Monday, January 17, 2011

Echoed in the Sounds of Silence

Today is a double G&T day, just a "not-very-good" day of flying.

Marginal VFR.  Well, it was.  Now I'm in front of my keyboard, the sun is shining through a light haze on it's way to Western horizon.  This afternoon, a burst of sun got me on my way to the airport for a few touch and goes just to keep my hand in.  When I actually got there, the clouds had rolled back in.  ATIS reported 1400 feet ceilings and 5 miles visibility.  Not so good, but good enough for a little pattern work.

Pre-flight checks complete, I lined up at the runway, only to be scolded by the controller.  It seems I TOLD him that I was going to stay in the pattern for some touch and goes, and he said I should have REQUESTED that I would stay in the pattern.  I wrote that off as him having a bad day - normally he is very cooperative and easy to work with.  A short silence, then "Roger 49C", and I received take off clearance.

After 4 or 5 circuits, I lined up on final approach with a sense of disquiet.  Touching down, I realized that I hadn't heard a radio clearance to land.  Glancing at the tower, I saw a solid red light - but I was already in take off mode and quite busy, it didn't register what that meant until I was airborne and realized my radios had failed.

As I climbed out, I pulled out the headset plugs and reinserted them, keyed the radio and heard the transmit static.  I called the tower "McKinney Tower, 49 Charlie".  "49 Charlie, McKinney Tower.  Welcome back".  "49C had radio problems, how do you read?".  "Loud and clear 49C.  You have 2 choices, you can land now or depart my airspace."

I decided to land, and told him so.  He told me on final approach that if I wished I could fix my radios on the ground and then take off again, which I did.  Once on the ground he had a conversation about what had happened.  He told me he had called me several times.  I told him I'd seen the red light but too late, he said he'd given me a green light (OK to Land - which I hadn't seen), then the red one (DO NOT TAKE OFF) on the runway, but I had seen it too late.

My problem fixed, I taxied back to the runway, and requested (this time) to remain in the pattern for some touch and goes.  On climb out, I suggested that we could both use practice at no-radio procedures, and did a few circuits using the lights (called light guns), backed up by radio calls.  I found the green hard to see from more than 3 miles way, but the red was clear as long as I was looking and expecting it.  I did another 4 or 5 and called it a day, and the controller seemed to recover his normal personality.

Still, while the actual control over the aircraft was fine, my procedures need work.
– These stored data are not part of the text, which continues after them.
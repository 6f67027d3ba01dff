-- ===== src/Stores.antt =====
-- internal/store/store.go: what a client has of the stores, over the states of their database. A
-- method that calls `uuid.New()` or `time.Now()` has the answer as an argument, and one that writes
-- to the record of its caller returns it.
use shipinator.Common.{String, Option, List}
use shipinator.Errors.{Error, Result}
use shipinator.Models.{
  Uuid, Time, Project, Repository, Pipeline, PipelineRun, Job, JobStep, Artifact, Execution,
}

pub record ProjectStore (Db : Type 0) : Type 0 where
  pub create : Uuid → Time → Project → Db → Db × Project × Option Error
  pub get_by_id : Uuid → Db → Result Project
  pub get_by_name : String → Db → Result Project
  pub list : Db → Result (List Project)
  pub modify : Time → Project → Db → Db × Project × Option Error
  pub remove : Uuid → Db → Db × Option Error

pub record RepositoryStore (Db : Type 0) : Type 0 where
  pub create : Uuid → Time → Repository → Db → Db × Repository × Option Error
  pub get_by_id : Uuid → Db → Result Repository
  pub list_by_project : Uuid → Db → Result (List Repository)
  pub modify : Time → Repository → Db → Db × Repository × Option Error
  pub remove : Uuid → Db → Db × Option Error

pub record PipelineStore (Db : Type 0) : Type 0 where
  pub create : Uuid → Time → Pipeline → Db → Db × Pipeline × Option Error
  pub get_by_id : Uuid → Db → Result Pipeline
  pub list_by_repository : Uuid → Db → Result (List Pipeline)
  pub modify : Time → Pipeline → Db → Db × Pipeline × Option Error
  pub remove : Uuid → Db → Db × Option Error

pub record PipelineRunStore (Db : Type 0) : Type 0 where
  pub create : Uuid → Time → PipelineRun → Db → Db × PipelineRun × Option Error
  pub get_by_id : Uuid → Db → Result PipelineRun
  pub list_by_pipeline : Uuid → Db → Result (List PipelineRun)
  pub list_by_status : String → Db → Result (List PipelineRun)
  pub update_status : Time → Uuid → String → Db → Db × Option Error

pub record JobStore (Db : Type 0) : Type 0 where
  pub create : Uuid → Time → Job → Db → Db × Job × Option Error
  pub get_by_id : Uuid → Db → Result Job
  pub list_by_pipeline_run : Uuid → Db → Result (List Job)
  pub update_status : Time → Uuid → String → Db → Db × Option Error

pub record JobStepStore (Db : Type 0) : Type 0 where
  pub create : Uuid → Time → JobStep → Db → Db × JobStep × Option Error
  pub get_by_id : Uuid → Db → Result JobStep
  pub list_by_job : Uuid → Db → Result (List JobStep)
  pub update_status : Time → Uuid → String → Db → Db × Option Error

pub record ArtifactStore (Db : Type 0) : Type 0 where
  pub create : Uuid → Time → Artifact → Db → Db × Artifact × Option Error
  pub get_by_id : Uuid → Db → Result Artifact
  pub list_by_job : Uuid → Db → Result (List Artifact)

pub record ExecutionStore (Db : Type 0) : Type 0 where
  pub create : Uuid → Time → Execution → Db → Db × Execution × Option Error
  pub get_by_id : Uuid → Db → Result Execution
  pub list_by_job_step : Uuid → Db → Result (List Execution)
  pub update_status : Time → Uuid → String → Db → Db × Option Error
My first radio failure, and what did I do?  I probably didn't land without clearance, but I did take off without clearance at least once.  How long did it take until I noticed the Sound of Silence?  Did I do it once, or twice?

Either way, Just Not Good Enough.

Monday, January 3, 2011

Aviation Radio Humor

On short final to land at McKinney airport, I heard the following exchange between the tower and a Cessna 140:

Tower: “Cessna 4GM, right downwind, you’re number 3 to land on runway 35, behind a Lear Jet on left base. Caution wake turbulence, you are cleared to land”
Cessna 4GM: “4GM, number 3 cleared to land, looking for the Lear”

In the meantime, I landed and was exiting the runway.

Cessna 4GM: “Tower, is that the Lear about to land?”
Tower: “The Lear’s on a 1/2 mile final”
4GM: “Oh, I wasn’t sure. Looks slow for a Lear”
Tower: “Well, see if you can catch him!”